## Problem to solve
Nothing should be left out: write out the whole listing exactly.

## Given data
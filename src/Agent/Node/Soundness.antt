-- ===== src/Agent/Node/Soundness.antt =====
-- What the node agent keeps about its instances, after every sequence of calls.
use wasmatrix.Prelude.{
  ℕ, String, true, false, Option, none, some, List, [], ◌∷◌, ◌≡◌, unwrap_or, arith, eq_iff, ok, inl,
  inr, Result-cases, Option-cases, Bool-cases,
}
use wasmatrix.HashMap
use wasmatrix.HashMap.{HashMap, get-insert, get-remove, get-empty}
use wasmatrix.Core.Types.{DateTime, CapabilityAssignment, RestartPolicy}
use wasmatrix.Core.Events.{ExecutionEventRecorder, record_start, record_restart}
use wasmatrix.Core.Wasm.{lacks_magic}
use wasmatrix.Agent.Restart.{new_crash_info, count_crash}
use wasmatrix.Agent.Node.{
  Engine, InstanceHandle, NodeAgent, new_agent, launch, start_instance_local, stop_instance_local,
  on_instance_crash, restart_instance,
}
use wasmatrix.Agent.Node.Runs.{Call, starts, stops, crashes, restarts, step, run}
use wasmatrix.Agent.Node.Operations.{restart_instance-relaunched, relaunched, relaunch, halted}

module _ (engine : Engine) where
  -- a stored handle stands under its own identifier and holds a module with the Wasm magic bytes
  abbrev pub IsLaunched : String → Option (InstanceHandle engine) → Type 0
  IsLaunched id none = Unit
  IsLaunched id (some h) = (h.instance_id ≡ id) × (lacks_magic h.module_bytes ≡ false)

  pub record IsSound (agent : NodeAgent engine) : Type 0 where
    pub launched : (id : String) → IsLaunched id (HashMap.get agent.instances id)
    pub counted :
        (id : String)
        → HashMap.contains_key agent.crashed_instances id ≡ true
        → HashMap.contains_key agent.crash_history id ≡ true

  launch-IsLaunched :
      (now : DateTime) (i : String) (b : List ℕ) (c : List CapabilityAssignment) (p : RestartPolicy)
      (h : InstanceHandle engine)
      → launch engine now i b c p ≡ ok h
      → (h.instance_id ≡ i) × (lacks_magic h.module_bytes ≡ false)
  unfolding launch
  launch-IsLaunched now i b c p h e = elim (Bool-cases (lacks_magic b)) [
    | inl bad ↦ ground (arith, bad)
    | inr good ↦ ground (arith, good)
  ]

  install-IsSound :
      (agent : NodeAgent engine) (i : String) (h : InstanceHandle engine)
      (events : ExecutionEventRecorder)
      → IsSound agent
      → (h.instance_id ≡ i) × (lacks_magic h.module_bytes ≡ false)
      → IsSound
          (record agent { event_recorder = events; instances = HashMap.insert agent.instances i h })
  install-IsSound agent i h events v named = record {
    launched =
        λ id. ground (arith, v.launched id, get-insert agent.instances i id h, eq_iff i id, named);
    counted = v.counted;
  }

  start_instance_local-IsSound :
      (now : DateTime) (agent : NodeAgent engine) (i : String) (b : List ℕ)
      (c : List CapabilityAssignment) (p : RestartPolicy)
      → IsSound agent
      → IsSound (start_instance_local engine now agent i b c p).1
  unfolding start_instance_local
  start_instance_local-IsSound now agent i b c p v =
      elim (Result-cases (launch engine now i b c p)) [
        | inl (h, e) ↦
            rw (start_instance_local, e)
              (install-IsSound agent i h (record_start agent.event_recorder now i) v
                (launch-IsLaunched now i b c p h e))
        | inr (h, e) ↦ rw (start_instance_local, e) v
      ]

  stop_instance_local-IsSound :
      (now : DateTime) (agent : NodeAgent engine) (i : String)
      → IsSound agent
      → IsSound (stop_instance_local engine now agent i).1
  stop_instance_local-IsSound now agent i v =
      unfold stop_instance_local in
      record {
        launched = λ id. ground (arith, v.launched id, get-remove agent.instances i id);
        counted = λ id h. ground (arith, v.counted id, get-remove agent.crashed_instances i id);
      }

  on_instance_crash-IsSound :
      (now : DateTime) (agent : NodeAgent engine) (i error : String)
      → IsSound agent
      → IsSound (on_instance_crash engine now agent i error).1
  on_instance_crash-IsSound now agent i error v =
      unfold on_instance_crash in
      record {
        launched = λ id. ground (arith, v.launched id);
        counted = λ id h. ground (
          arith,
          v.counted id,
          get-insert agent.crashed_instances i id now,
          get-insert agent.crash_history i id
              (count_crash now (unwrap_or (HashMap.get agent.crash_history i) new_crash_info)),
        );
      }

  halted-IsSound :
      (now : DateTime) (agent : NodeAgent engine) (i : String)
      → IsSound agent
      → IsSound (halted engine agent now i)
  halted-IsSound now agent i v = record {
    launched = λ id. ground (arith, v.launched id, get-remove agent.instances i id);
    counted = λ id h. ground (
      arith,
      v.counted id,
      get-remove agent.crashed_instances i id,
      get-remove (HashMap.remove agent.crashed_instances i) i id,
    );
  }

  relaunched-IsSound :
      (now : DateTime) (agent : NodeAgent engine) (i : String) (h : InstanceHandle engine)
      → IsSound agent
      → IsSound (relaunched engine agent now i (relaunch engine agent now i h)).1
  relaunched-IsSound now agent i h v =
      let gone = halted-IsSound now agent i v in
      elim (Result-cases (relaunch engine agent now i h)) [
        | inl (fresh, e) ↦ rw e (
            install-IsSound (halted engine agent now i) i fresh
              (record_restart (record_start (halted engine agent now i).event_recorder now i) now i)
              gone (launch-IsLaunched now i h.module_bytes h.capabilities h.restart_policy fresh e))
        | inr (failure, e) ↦ rw e gone
      ]

  restart_instance-IsSound :
      (now : DateTime) (agent : NodeAgent engine) (i : String)
      → IsSound agent
      → IsSound (restart_instance engine now agent i).1
  unfolding restart_instance
  restart_instance-IsSound now agent i v = elim (Option-cases (HashMap.get agent.instances i)) [
    | inl e ↦ rw (restart_instance, e) v
    | inr (h, e) ↦
        rw (restart_instance-relaunched engine agent now i h e) (relaunched-IsSound now agent i h v)
  ]

  new_agent-IsSound : (node_id : String) → IsSound (new_agent engine node_id)
  new_agent-IsSound node_id = record {
    launched = λ id. ground (arith, get-empty {V = InstanceHandle engine} id);
    counted = λ id h. ground (arith, get-empty {V = DateTime} id);
  }

  step-IsSound :
      (agent : NodeAgent engine) (now : DateTime) (call : Call)
      → IsSound agent
      → IsSound (step engine agent (now, call))
  unfolding step
  step-IsSound agent now (starts i b c p) v = start_instance_local-IsSound now agent i b c p v
  step-IsSound agent now (stops i) v = stop_instance_local-IsSound now agent i v
  step-IsSound agent now (crashes i e) v = on_instance_crash-IsSound now agent i e v
  step-IsSound agent now (restarts i) v = restart_instance-IsSound now agent i v

  run_from-IsSound :
      (agent : NodeAgent engine) (calls : List (DateTime × Call))
      → IsSound agent
      → IsSound (run engine agent calls)
  unfolding run
  run_from-IsSound agent [] v = v
  run_from-IsSound agent ((now, call) ∷ calls) v =
      run_from-IsSound (step engine agent (now, call)) calls (step-IsSound agent now call v)

  -- After any calls on a new agent every handle stands under its own identifier and holds a module
  -- with the Wasm magic bytes, and every instance with a crash mark has a crash history.
  pub run-IsSound :
      (node_id : String) (calls : List (DateTime × Call))
      → IsSound (run engine (new_agent engine node_id) calls)
  run-IsSound node_id calls =
      run_from-IsSound (new_agent engine node_id) calls (new_agent-IsSound node_id)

## Output of the exercise
filename src/Agent/Node/Soundness.antt
-- ===== src/Agent/Node/Soundness.antt =====
-- What the node agent keeps about its instances, after every sequence of calls.
use wasmatrix.Prelude.{
  ℕ, String, true, false, Option, none, some, List, [], ◌∷◌, ◌≡◌, unwrap_or, arith, eq_iff, ok, inl,
  inr, Result-cases, Option-cases, Bool-cases,
}
use wasmatrix.HashMap
use wasmatrix.HashMap.{HashMap, get-insert, get-remove, get-empty}
use wasmatrix.Core.Types.{DateTime, CapabilityAssignment, RestartPolicy}
use wasmatrix.Core.Events.{ExecutionEventRecorder, record_start, record_restart}
use wasmatrix.Core.Wasm.{lacks_magic}
use wasmatrix.Agent.Restart.{new_crash_info, count_crash}
use wasmatrix.Agent.Node.{
  Engine, InstanceHandle, NodeAgent, new_agent, launch, start_instance_local, stop_instance_local,
  on_instance_crash, restart_instance,
}
use wasmatrix.Agent.Node.Runs.{Call, starts, stops, crashes, restarts, step, run}
use wasmatrix.Agent.Node.Operations.{restart_instance-relaunched, relaunched, relaunch, halted}

module _ (engine : Engine) where
  -- a stored handle stands under its own identifier and holds a module with the Wasm magic bytes
  abbrev pub IsLaunched : String → Option (InstanceHandle engine) → Type 0
  IsLaunched id none = Unit
  IsLaunched id (some h) = (h.instance_id ≡ id) × (lacks_magic h.module_bytes ≡ false)

  pub record IsSound (agent : NodeAgent engine) : Type 0 where
    pub launched : (id : String) → IsLaunched id (HashMap.get agent.instances id)
    pub counted :
        (id : String)
        → HashMap.contains_key agent.crashed_instances id ≡ true
        → HashMap.contains_key agent.crash_history id ≡ true

  launch-IsLaunched :
      (now : DateTime) (i : String) (b : List ℕ) (c : List CapabilityAssignment) (p : RestartPolicy)
      (h : InstanceHandle engine)
      → launch engine now i b c p ≡ ok h
      → (h.instance_id ≡ i) × (lacks_magic h.module_bytes ≡ false)
  unfolding launch
  launch-IsLaunched now i b c p h e = elim (Bool-cases (lacks_magic b)) [
    | inl bad ↦ ground (arith, bad)
    | inr good ↦ ground (arith, good)
  ]

  install-IsSound :
      (agent : NodeAgent engine) (i : String) (h : InstanceHandle engine)
      (events : ExecutionEventRecorder)
      → IsSound agent
      → (h.instance_id ≡ i) × (lacks_magic h.module_bytes ≡ false)
      → IsSound
          (record agent { event_recorder = events; instances = HashMap.insert agent.instances i h })
  install-IsSound agent i h events v named = record {
    launched =
        λ id. ground (arith, v.launched id, get-insert agent.instances i id h, eq_iff i id, named);
    counted = v.counted;
  }

  start_instance_local-IsSound :
      (now : DateTime) (agent : NodeAgent engine) (i : String) (b : List ℕ)
      (c : List CapabilityAssignment) (p : RestartPolicy)
      → IsSound agent
      → IsSound (start_instance_local engine now agent i b c p).1
  unfolding start_instance_local
  start_instance_local-IsSound now agent i b c p v =
      elim (Result-cases (launch engine now i b c p)) [
        | inl (h, e) ↦
            rw (start_instance_local, e)
              (install-IsSound agent i h (record_start agent.event_recorder now i) v
                (launch-IsLaunched now i b c p h e))
        | inr (h, e) ↦ rw (start_instance_local, e) v
      ]

  stop_instance_local-IsSound :
      (now : DateTime) (agent : NodeAgent engine) (i : String)
      → IsSound agent
      → IsSound (stop_instance_local engine now agent i).1
  stop_instance_local-IsSound now agent i v =
      unfold stop_instance_local in
      record {
        launched = λ id. ground (arith, v.launched id, get-remove agent.instances i id);
        counted = λ id h. ground (arith, v.counted id, get-remove agent.crashed_instances i id);
      }

  on_instance_crash-IsSound :
      (now : DateTime) (agent : NodeAgent engine) (i error : String)
      → IsSound agent
      → IsSound (on_instance_crash engine now agent i error).1
  on_instance_crash-IsSound now agent i error v =
      unfold on_instance_crash in
      record {
        launched = λ id. ground (arith, v.launched id);
        counted = λ id h. ground (
          arith,
          v.counted id,
          get-insert agent.crashed_instances i id now,
          get-insert agent.crash_history i id
              (count_crash now (unwrap_or (HashMap.get agent.crash_history i) new_crash_info)),
        );
      }

  halted-IsSound :
      (now : DateTime) (agent : NodeAgent engine) (i : String)
      → IsSound agent
      → IsSound (halted engine agent now i)
  halted-IsSound now agent i v = record {
    launched = λ id. ground (arith, v.launched id, get-remove agent.instances i id);
    counted = λ id h. ground (
      arith,
      v.counted id,
      get-remove agent.crashed_instances i id,
      get-remove (HashMap.remove agent.crashed_instances i) i id,
    );
  }

  relaunched-IsSound :
      (now : DateTime) (agent : NodeAgent engine) (i : String) (h : InstanceHandle engine)
      → IsSound agent
      → IsSound (relaunched engine agent now i (relaunch engine agent now i h)).1
  relaunched-IsSound now agent i h v =
      let gone = halted-IsSound now agent i v in
      elim (Result-cases (relaunch engine agent now i h)) [
        | inl (fresh, e) ↦ rw e (
            install-IsSound (halted engine agent now i) i fresh
              (record_restart (record_start (halted engine agent now i).event_recorder now i) now i)
              gone (launch-IsLaunched now i h.module_bytes h.capabilities h.restart_policy fresh e))
        | inr (failure, e) ↦ rw e gone
      ]

  restart_instance-IsSound :
      (now : DateTime) (agent : NodeAgent engine) (i : String)
      → IsSound agent
      → IsSound (restart_instance engine now agent i).1
  unfolding restart_instance
  restart_instance-IsSound now agent i v = elim (Option-cases (HashMap.get agent.instances i)) [
    | inl e ↦ rw (restart_instance, e) v
    | inr (h, e) ↦
        rw (restart_instance-relaunched engine agent now i h e) (relaunched-IsSound now agent i h v)
  ]

  new_agent-IsSound : (node_id : String) → IsSound (new_agent engine node_id)
  new_agent-IsSound node_id = record {
    launched = λ id. ground (arith, get-empty {V = InstanceHandle engine} id);
    counted = λ id h. ground (arith, get-empty {V = DateTime} id);
  }

  step-IsSound :
      (agent : NodeAgent engine) (now : DateTime) (call : Call)
      → IsSound agent
      → IsSound (step engine agent (now, call))
  unfolding step
  step-IsSound agent now (starts i b c p) v = start_instance_local-IsSound now agent i b c p v
  step-IsSound agent now (stops i) v = stop_instance_local-IsSound now agent i v
  step-IsSound agent now (crashes i e) v = on_instance_crash-IsSound now agent i e v
  step-IsSound agent now (restarts i) v = restart_instance-IsSound now agent i v

  run_from-IsSound :
      (agent : NodeAgent engine) (calls : List (DateTime × Call))
      → IsSound agent
      → IsSound (run engine agent calls)
  unfolding run
  run_from-IsSound agent [] v = v
  run_from-IsSound agent ((now, call) ∷ calls) v =
      run_from-IsSound (step engine agent (now, call)) calls (step-IsSound agent now call v)

  -- After any calls on a new agent every handle stands under its own identifier and holds a module
  -- with the Wasm magic bytes, and every instance with a crash mark has a crash history.
  pub run-IsSound :
      (node_id : String) (calls : List (DateTime × Call))
      → IsSound (run engine (new_agent engine node_id) calls)
  run-IsSound node_id calls =
      run_from-IsSound (new_agent engine node_id) calls (new_agent-IsSound node_id)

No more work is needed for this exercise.